Taking on the design, construction and relocation of a Show Garden for an event as prestigious as Bloom in the Park has now become is quite the commitment. There is the development of the initial concept and outline idea, repeated and protracted meetings with the sponsor, redesigns, research, programming, budgeting, logistics, procurement, endless nursery visits and administrative tasks, the build itself, the PR and media aspects. These things need to be undertaken and executed to a high standard to ensure a successful outcome in relation to judging and in conveying a strong and coherent message on behalf of the benefactor.

The days are long, the commitment total. And I suppose now as the dust settles it is the demands and arduousness of the process which makes it particularly gratifying to look back upon a job well done. There are not many realms wherein as wide a range of a person’s skills are tested to such a degree.

We hear talk of learning curves, steep ones. The last three years of building Show Gardens at Bloom are the steepest learning curves I have ever experienced. The compressed and immovable nature of the time frames necessitate getting to grips with the subject matter quickly and comprehensively. Each build throws up technical challenges which need to be figured out, each design will have its own peculiarities and quirks which need to be tamed.

And then there is the planting. It being a horticultural showcase quite obviously the horti goodies will always need to be front and centre.

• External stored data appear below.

-- ===== src/Entry/Paths.antt =====
-- entry.c: `get_dir_path` and `get_file_name`, the two parts of a path at its last '/'.
pub mod Split
use model_lib.Prelude.{ℕ, ◌==◌, if◌then◌else◌, List, [], ◌∷◌, Option, none, some}

abbrev pub separator : ℕ
separator = b'/'

-- One character more in front of a string that was searched.
abbrev pub before : ℕ → List ℕ → Option (List ℕ × List ℕ) → Option (List ℕ × List ℕ)
before c s none = if c == separator then some ([], s) else none
before c s (some (dir, name)) = some (c ∷ dir, name)

-- `strrchr(path, '/')`: what stands before the last '/' and what stands behind it.
unfoldable pub split_last : List ℕ → Option (List ℕ × List ℕ)
split_last [] = none
split_last (c ∷ s) = before c s (split_last s)

-- `none` is FALSE. The buffer is zeroed by its callers, so that the copy ends in a NUL.
unfoldable pub get_dir_path : List ℕ → Option (List ℕ)
unfolding split_last
get_dir_path file_path = elim (split_last file_path) [ none ↦ none | some (dir, name) ↦ some dir ]

unfoldable pub get_file_name : List ℕ → Option (List ℕ)
unfolding split_last
get_file_name file_path = elim (split_last file_path) [ none ↦ none | some (dir, name) ↦ some name ]
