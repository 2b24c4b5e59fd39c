-- ===== src/Entry/Directory.antt =====
-- entry.c: the functions that look for an entry in a directory, put one into it, and follow a path.
pub mod Find
pub mod Free
pub mod Slot
pub mod Put
pub mod New
pub mod Insert
pub mod Route
pub mod Leads
pub mod Update
pub mod Renew
pub mod Others
use model_lib.Prelude.{
  ℕ, zero, suc, ◌+◌, ◌*◌, ◌%◌, ◌==◌, if◌then◌else◌, Bool, true, false, ◌||◌, List, [], ◌∷◌, Option,
  none, some, Outcome, ok, out_of_fuel, ◌>>=◌, ◌⊎◌, inl, inr, same_string,
}
use model_lib.Memory.{Bytes, zeroed, copy_to}
use model_lib.Volume.{Volume, cluster_size, read_at, write_at, get_end_cluster}
use model_lib.Fat.{u32_mod, read_fat_index, write_in_fat_index, find_empty_fat_index}
use model_lib.Util.{strtok_r, scan_token}
use model_lib.Entry.Paths.{separator}
use model_lib.Entry.Dirent.{
  Dirent, dirent_size, entry_per_data_cluster, is_normal_dir, is_normal_file, is_deleted_file,
  is_deleted_dir, attribute, head_cluster_number, entry_in,
}
use model_lib.Entry.Walk.{found, passed, read_cluster, get_first_entry, scan_entries, walk_clusters}
use model_lib.Entry.LongName.{take_name}

-- The body of the inner loop of `get_dentry`.
unfoldable pub visit_file :
    ℕ
    → Volume
    → List ℕ
    → (cluster_number position : ℕ) → Bytes
    → ℕ
    → List ℕ
    → Outcome (Dirent ⊎ List ℕ)
visit_file fuel volume file_name current position cluster n composited =
    if is_normal_file (attribute (entry_in cluster n))
    then (do
      name ← take_name fuel volume current cluster n composited
      if same_string file_name name then ok (inl (entry_in cluster n)) else ok (inr name))
    else ok (inr composited)

-- `none` is FALSE: `*searched_dir_entry` is left as it was.
unfoldable pub get_dentry : ℕ → Volume → ℕ → List ℕ → Outcome (Option Dirent)
get_dentry fuel volume dir_cluster_number file_name = do
  end_cluster ← get_end_cluster volume
  r ←
      walk_clusters (visit_file fuel volume file_name) fuel volume end_cluster zeroed 0
        dir_cluster_number false []
  elim r [ inl d ↦ ok (some d) | inr _ ↦ ok none ]

-- The body of the inner loop of `alloc_new_dirent`: the position of a free entry.
unfoldable pub visit_free :
    (cluster_number position : ℕ) → Bytes → ℕ → Unit {0} → Outcome (ℕ ⊎ Unit {0})
visit_free current position cluster n s =
    if is_deleted_file (attribute (entry_in cluster n))
      || is_deleted_dir (attribute (entry_in cluster n))
    then ok (inl (position + n * dirent_size))
    else ok (inr s)

-- The end of `alloc_new_dirent`: a cluster more. The numbers go into `u32_t` parameters.
unfoldable pub add_cluster :
    Bytes → Volume → (end_cluster before : ℕ) → Dirent → Outcome (Bool × Volume)
add_cluster stack volume end_cluster before dirent = do
  current ← find_empty_fat_index stack volume
  (_, volume) ← write_in_fat_index volume (before % u32_mod) current
  (_, volume) ← write_in_fat_index volume current end_cluster
  position ← read_cluster volume current
  ok (true, write_at volume position dirent dirent_size)

unfoldable pub alloc_new_dirent : Bytes → ℕ → Volume → ℕ → Dirent → Outcome (Bool × Volume)
unfolding visit_free add_cluster
alloc_new_dirent stack fuel volume dir_cluster_number dirent = do
  end_cluster ← get_end_cluster volume
  r ← walk_clusters visit_free fuel volume end_cluster zeroed 0 dir_cluster_number false tt
  elim r [
    | inl position ↦ ok (true, write_at volume position dirent dirent_size)
    | inr before ↦ add_cluster stack volume end_cluster before dirent
  ]

-- The body of the inner loop of `alloc_new_entry`: the position and the contents of the cluster to
-- write.
unfoldable pub visit_update :
    ℕ
    → Volume
    → List ℕ
    → Dirent
    → (cluster_number position : ℕ) → Bytes
    → ℕ
    → List ℕ
    → Outcome ((ℕ × Bytes) ⊎ List ℕ)
visit_update fuel volume file_name dentry current position cluster n composited =
    if is_normal_file (attribute (entry_in cluster n))
    then (do
      name ← take_name fuel volume current cluster n composited
      if same_string file_name name
          then ok (inl (position, copy_to cluster (n * dirent_size) dentry dirent_size))
          else ok (inr name))
    else ok (inr composited)

unfoldable pub alloc_new_entry : ℕ → Volume → ℕ → List ℕ → Dirent → Outcome (Bool × Volume)
alloc_new_entry fuel volume dir_cluster_number file_name dentry = do
  end_cluster ← get_end_cluster volume
  r ←
      walk_clusters (visit_update fuel volume file_name dentry) fuel volume end_cluster zeroed 0
        dir_cluster_number false []
  elim r [
    | inl (position, cluster) ↦ ok (true, write_at volume position cluster cluster_size)
    | inr _ ↦ ok (false, volume)
  ]

-- The body of the inner loop of `get_cluster_number`: the head cluster of the directory of that
-- name, with the contents of `composited_file_name`.
unfoldable pub visit_dir :
    ℕ
    → Volume
    → List ℕ
    → (cluster_number : ℕ) → Bytes
    → ℕ
    → List ℕ
    → Outcome ((ℕ × List ℕ) ⊎ List ℕ)
visit_dir fuel volume dir_name current cluster n composited =
    if is_normal_dir (attribute (entry_in cluster n))
    then (do
      name ← take_name fuel volume current cluster n composited
      if same_string dir_name name
          then ok (inl (head_cluster_number (entry_in cluster n), name))
          else ok (inr name))
    else ok (inr composited)

abbrev pub slash : List ℕ
slash = separator ∷ []

-- The loop of `get_cluster_number`. `buffer` holds the current cluster, `last` what `strtok` keeps.
-- A `break` leaves the flag as it was at the first entry, which is FALSE.
unfoldable pub follow :
    ℕ
    → Volume
    → (end_cluster : ℕ) → Bytes
    → (current : ℕ) → Bool
    → List ℕ
    → (seperated_path last : Option (List ℕ)) → Outcome ℕ
unfolding visit_dir
follow zero volume end_cluster buffer current flag composited tok last = out_of_fuel
follow (suc fuel) volume end_cluster buffer current flag composited none last = ok current
follow (suc fuel) volume end_cluster buffer current flag composited (some dir_name) last =
    get_first_entry flag >>= λ n.
    scan_entries (visit_dir fuel volume dir_name current) (entry_per_data_cluster + 1) buffer n flag
      composited
    >>= λ r. elim r [
      | found (head, name) ↦ read_cluster volume head >>= λ position.
          follow fuel volume end_cluster (read_at volume position buffer cluster_size) head flag
            name (strtok_r slash last).0 (strtok_r slash last).1
      | passed flag' composited' ↦ read_fat_index volume current >>= λ next.
          elim (next == end_cluster) [
            | true ↦ ok 0
            | false ↦ read_cluster volume next >>= λ position.
                follow fuel volume end_cluster (read_at volume position buffer cluster_size) next
                  flag' composited' (some dir_name) last
          ]
    ]

-- `strtok(path, "/")`, then the loop from the root directory, cluster 2.
unfoldable pub get_cluster_number : ℕ → Volume → List ℕ → Outcome ℕ
unfolding follow
get_cluster_number fuel volume path = do
  end_cluster ← get_end_cluster volume
  position ← read_cluster volume 2
  follow fuel volume end_cluster (read_at volume position zeroed cluster_size) 2 false []
      (strtok_r slash (some path)).0 (strtok_r slash (some path)).1

-- What the caller's buffer holds as a string behind `get_cluster_number`: `strtok` has put a NUL
-- behind the first token.
unfoldable pub path_after : List ℕ → List ℕ
path_after [] = []
path_after (c ∷ s) = if c == separator then c ∷ path_after s else (scan_token slash (c ∷ s)).0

In 2015 I learned everything there was to know about herbaceous planting in a family garden, in 2016 I went on a crash course on middle eastern planting and in 2017 I got a thorough education on planting as it relates to canine toxicity. Ask me anything.

Bloom 2017 received 120 000 visitors, its best ever year. Chelsea had, in terms of head turning Show Gardens, what many visitors assured me was its worst ever year. Brexit and the general turmoil over there I’m sure were the primary reasons for this.

By my reckoning then Bloom 2018 is perfectly positioned to make even further strides in prestige. Instead of the traditional and presumed route of the best of Irish designers eventually staging a garden at Chelsea what’s to stop the traffic next year coming the other way? Why can’t the best of Britain’s designers target Bloom as the optimum forum on which to showcase their talent?

And what of Bloom 2018, will I be there? The bad memories of rain soaked build days fade very quickly to be replaced by only the good ones. Events like Bloom run on good vibes, positive energy fills the air. The sun is (mostly) shining, it’s a Bank Holiday weekend, visitors are eating ice cream and in great form, the kids are entertained, the flowers are in full bloom, it’s all sweetness and light. Of all participants in the event the Show Garden designer is best positioned to capitalise on the good vibrations.

You could get very used to standing in the same spot nine hours a day for five days straight with an endless stream of people telling you how much they love your work. Bloom 2018? Defo.